I BUDELLI



Ecco una panoramica delle tipologie di budelli reperibili, con minore o maggiore difficoltà, in commercio. Oltre al budello vero e proprio sono citati anche altri tipi di involucri utilizzati per specifici tipi di salumi.

Budelli Naturali

I budelli naturali, che possono essere suini, bovini, ovicaprini ed equini, sono ricavati da diverse parti dell'intestino. I più diffusi sono:

- il budello torto, definito anche baggetta (ma anche bagetta, vianella, ecc.). E' in pratica l'intestino tenue, ed è adatto per salami di piccole dimensioni e per varie tipologie di salsiccia. E' probabilmente il tipo di budello più facile da reperire. Per le salsicce sottili destinate al consumo fresco di solito si utilizza quello ovino, mentre per salumi come i cacciatorini o le salsicce di dimensioni più generose (anche destinate alla stagionatura) viene utilizzato quello suino o bovino (talvolta chiamato "torta").

- il budello diritto o filzetta (*), che è ricavato dalla prima parte dell'intestino retto dei suini ed è utilizzato per buona parte dei salumi destinati a stagionature medio-lunghe.
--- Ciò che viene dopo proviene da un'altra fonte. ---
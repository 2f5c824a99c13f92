-- ===== src/Task/Invariant/Edits.antt =====
-- Moves that change entries of one table keep the invariant.
use mathlib.Core.Option
use mcr.Prelude.{
  ℕ, ◌≡◌, refl, sym, ap, ◌∙◌, some, arith, ◌==◌, ==_iff, if◌then◌else◌, Bool, true, false, holds,
  inl, inr, Option-cases,
}
use mcr.Prelude.OrdMap
use mcr.Prelude.OrdMap.{nat_key, get-modify}
use mcr.Prelude.OrdSet
use mcr.Task.Process.{GuestProcess}
use mcr.Task.State.{GuestKernel, GuestTask, TaskState}
use mcr.Task.Kernel.{process, task, edit_process, edit_task, set_state}
use mcr.Task.Index.{
  IsIndexed, Queue, in_queue, queued, queued-edit, SameTables, set_state-IsIndexed, task-set_state,
  set_state-SameTables, with_state,
}
use mcr.Task.Moves.{MaskOk, KeptTask, KeptProcess}
use mcr.Task.Invariant.{Inv, before_edit, task-edit}

-- Every task of the new kernel was there, with the same ids and a mask that is still fine.
record TasksFrom (k k' : GuestKernel) : Type 0 where
  origin :
      (t : ℕ) (x : GuestTask)
      → task k' t ≡ some x
      → (y : GuestTask) × (task k t ≡ some y)
        × (x.tid ≡ y.tid)
        × (x.pid ≡ y.pid)
        × (MaskOk y.signal_mask → MaskOk x.signal_mask)

keep_tasks : {k k' : GuestKernel} → SameTables k k' → IsIndexed k' → TasksFrom k k' → Inv k → Inv k'
keep_tasks {k} {k'} same indexed from inv = record {
  indexed = indexed;
  task_ids = λ t x e.
      let (y, found, tids, pids, mask) = from.origin t x e in
      (tids ∙ (inv.task_ids t y found).0, omega (arith, (inv.task_ids t y found).1, same.tids));
  process_ids = λ p x e. (
    (inv.process_ids p x (back p x e)).0,
    omega (arith, (inv.process_ids p x (back p x e)).1, same.pids),
  );
  owners = λ t x e.
      let (y, found, tids, pids, mask) = from.origin t x e in
      let (p, owned) = inv.owners t y found in (p, at x.pid ∙ ap (process k) pids ∙ owned);
  children = λ p x c e listed.
      let (y, found, parent) = inv.children p x c (back p x e) listed in (y, at c ∙ found, parent);
  parents = λ c y p e. inv.parents c y p (back c y e);
  listed = λ c y p x e parent e'. inv.listed c y p x (back c y e) parent (back p x e');
  masks =
      λ t x e. let (y, found, tids, pids, mask) = from.origin t x e in mask (inv.masks t y found);
}
  where
    at : (p : ℕ) → process k' p ≡ process k p
    at p = ap (OrdMap.get p) same.processes

    back : (p : ℕ) (x : GuestProcess) → process k' p ≡ some x → process k p ≡ some x
    back p x e = sym (at p) ∙ e

set_state-TasksFrom : (k : GuestKernel) (tid : ℕ) (s : TaskState) → TasksFrom k (set_state k tid s)
set_state-TasksFrom k tid s = record {
  origin = λ t x e.
      let src =
        before_edit (with_state s) (tid == t) (task k t) x (sym (task-set_state k tid t s) ∙ e) in
      (
        src.old,
        src.found,
        ground (arith, src.value),
        ground (arith, src.value),
        λ h. ground (arith, src.value),
      );
}

pub set_state-Inv : (k : GuestKernel) (tid : ℕ) (s : TaskState) → Inv k → Inv (set_state k tid s)
set_state-Inv k tid s inv =
    keep_tasks (set_state-SameTables k tid s) (set_state-IsIndexed k tid s inv.indexed)
      (set_state-TasksFrom k tid s) inv

module _ (k : GuestKernel) (tid : ℕ) (f : GuestTask → GuestTask)
    (kept : (t : GuestTask) → task k tid ≡ some t → KeptTask t (f t)) where
  edited :
      (t : ℕ) (x y : GuestTask)
      → task k t ≡ some y
      → (b : Bool) → (tid == t) ≡ b
      → x ≡ (if b then f y else y)
      → (z : GuestTask) × (task k t ≡ some z)
        × (x.tid ≡ z.tid)
        × (x.pid ≡ z.pid)
        × (MaskOk z.signal_mask → MaskOk x.signal_mask)
  edited t x y found false b e =
      (y, found, ap (λ (a : GuestTask). a.tid) e, ap (λ (a : GuestTask). a.pid) e, λ h. rw e h)
  edited t x y found true b e = (
    y,
    found,
    ap (λ (a : GuestTask). a.tid) e ∙ same.tid,
    ap (λ (a : GuestTask). a.pid) e ∙ same.pid,
    λ h. rw e (same.mask h),
  )
    where
      same : KeptTask y (f y)
      same = kept y (ap (task k) ((==_iff tid t).0 b) ∙ found)

  edit_task-TasksFrom : TasksFrom k (edit_task tid f k)
  edit_task-TasksFrom = record {
    origin = λ t x e.
        let src = before_edit f (tid == t) (task k t) x (sym (task-edit tid t f k) ∙ e) in
        edited t x src.old src.found (tid == t) refl src.value;
  }

  state_kept :
      (q : Queue) (t : ℕ) (x : GuestTask)
      → queued q k t ≡ holds (λ y. in_queue q y.state) (task k t)
      → task k t ≡ some x
      → (b : Bool) → (tid == t) ≡ b
      → queued q k t ≡ holds (λ y. in_queue q y.state) (if b then some (f x) else some x)
  state_kept q t x i e false h = i ∙ ap (holds (λ y. in_queue q y.state)) e
  state_kept q t x i e true h =
      i ∙ ap (holds (λ y. in_queue q y.state)) e ∙ sym (ap (in_queue q) same.state)
    where
      same : KeptTask x (f x)
      same = kept x (ap (task k) ((==_iff tid t).0 h) ∙ e)

  edit_task-IsIndexed : IsIndexed k → IsIndexed (edit_task tid f k)
  edit_task-IsIndexed inv = record {
    at = λ q t.
        rw (queued-edit, task-edit tid t f k)
          (elim (Option-cases (task k t)) [
            | inl e ↦ rw e (ground (arith, inv.at q t, e))
            | inr (x, e) ↦ rw e (state_kept q t x (inv.at q t) e (tid == t) refl)
          ]);
  }

  pub edit_task-Inv : Inv k → Inv (edit_task tid f k)
  edit_task-Inv inv =
      keep_tasks (record { pids = refl; tids = refl; processes = refl })
        (edit_task-IsIndexed inv.indexed) edit_task-TasksFrom inv

module _ (k : GuestKernel) (pid : ℕ) (f : GuestProcess → GuestProcess)
    (kept : (p : GuestProcess) → KeptProcess p (f p)) where
  process-edit :
      (p : ℕ)
      → process (edit_process pid f k) p
        ≡ (if pid == p then Option.map f (process k p) else process k p)
  process-edit p = get-modify pid p f k.processes

  -- The entry after the edit against the one before it.
  came_from :
      (p : ℕ) (x : GuestProcess)
      → process (edit_process pid f k) p ≡ some x
      → (y : GuestProcess) × (process k p ≡ some y) × KeptProcess y x
  came_from p x e =
      let src = before_edit f (pid == p) (process k p) x (sym (process-edit p) ∙ e) in
      (src.old, src.found, agree src.old (pid == p) src.value)
    where
      agree : (y : GuestProcess) (b : Bool) → x ≡ (if b then f y else y) → KeptProcess y x
      agree y true e = rw e (kept y)
      agree y false e = rw e (record { pid = refl; parent = refl; children = refl })

  goes_to :
      (p : ℕ) (y : GuestProcess)
      → process k p ≡ some y
      → (x : GuestProcess) × (process (edit_process pid f k) p ≡ some x) × KeptProcess y x
  goes_to p y e =
      go (pid == p) (process-edit p ∙ ap (λ o. if pid == p then Option.map f o else o) e)
    where
      go :
          (b : Bool)
          → process (edit_process pid f k) p ≡ (if b then some (f y) else some y)
          → (x : GuestProcess) × (process (edit_process pid f k) p ≡ some x) × KeptProcess y x
      go true e = (f y, e, kept y)
      go false e = (y, e, record { pid = refl; parent = refl; children = refl })

  edit_process-IsIndexed : IsIndexed k → IsIndexed (edit_process pid f k)
  unfolding queued
  edit_process-IsIndexed inv = record { at = λ q t. ground (arith, inv.at q t) }

  pub edit_process-Inv : Inv k → Inv (edit_process pid f k)
  edit_process-Inv inv = record {
    indexed = edit_process-IsIndexed inv.indexed;
    task_ids = inv.task_ids;
    process_ids = λ p x e.
        let (y, found, same) = came_from p x e in
        (same.pid ∙ (inv.process_ids p y found).0, (inv.process_ids p y found).1);
    owners = λ t x e.
        let (p, owned) = inv.owners t x e in
        let (z, found, same) = goes_to x.pid p owned in (z, found);
    children = λ p x c e listed.
        let (y, found, same) = came_from p x e in
        let (z, child, parent) =
          inv.children p y c found (ap (OrdSet.contains c) (sym same.children) ∙ listed) in
        let (w, child', same') = goes_to c z child in (w, child', same'.parent ∙ parent);
    parents = λ c y p e parent.
        let (z, found, same) = came_from c y e in
        inv.parents c z p found (sym same.parent ∙ parent);
    listed = λ c y p x e parent e'.
        let (z, found, same) = came_from c y e in
        let (w, found', same') = came_from p x e' in
        ap (OrdSet.contains c) same'.children
        ∙ inv.listed c z p w found (sym same.parent ∙ parent) found';
    masks = inv.masks;
  }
Da non confondere con il "dritto bovino", che è invece il colon (ovviamente dei bovini).

- il budello gentile, ricavato dall'ultima parte dell'intestino retto, è destinato solitamente a salumi di pregio come il Felino. Viene definito anche "budello della rosa".

- il budello cieco noto anche come muletta o bondeana, ricavato appunto dall'intestino cieco, viene utilizzato per avvolgere salumi quali la coppa ma anche in alcuni casi i cotechini.

- il budello crespone, ottenuto dall'intestino crasso.

(*) Con il termine "filzetta" vengono localmente indicati anche budelli ricavati dall'intestino crasso, ed anzi alcuni salumi quali il Varzi, il Nobile dei colli Tortonesi, il Salame Cuneo, hanno tra le loro tipologie anche una "filzetta", che è un salame di dimensione intermedia all'interno della gamma della specifica tipologia.

Altri Involucri Naturali

Oltre ai budelli esistono altri involucri utilizzati per insaccare i salumi:

- LaVescica di maiale (vedi foto) oppure di bovino. Quella di maiale è utilizzata per salumi tipici quali la salama da sugo ferrarese, il culatello e in alcuni casi anche la 'nduja calabrese. La vescica bovina invece viene riservata all'insaccatura di mortadelle di pregio.

- La cotenna viene utilizzata per alcuni insaccati destinati alla cottura (tricorno e cappello del prete). La cotenna delle zampe, comprendente anche le ossa del piede, viene invece utilizzata per insaccare gli zamponi.

Budelli Artificiali

I budelli artificiali rappresentano un ripiego per il Salumificatore Casalingo, visto che ove è possibile è sempre meglio utilizzare budelli naturali. Tuttavia in qualche caso, ad esempio quando si ha la necessità di budelli di dimensioni particolarmente generose, il budello artificiale può rappresentare una soluzione.
Questo tipo di involucro può avere varie origini, ed essere a base di collagene, di cellulosa o addirittura di materiale plastico.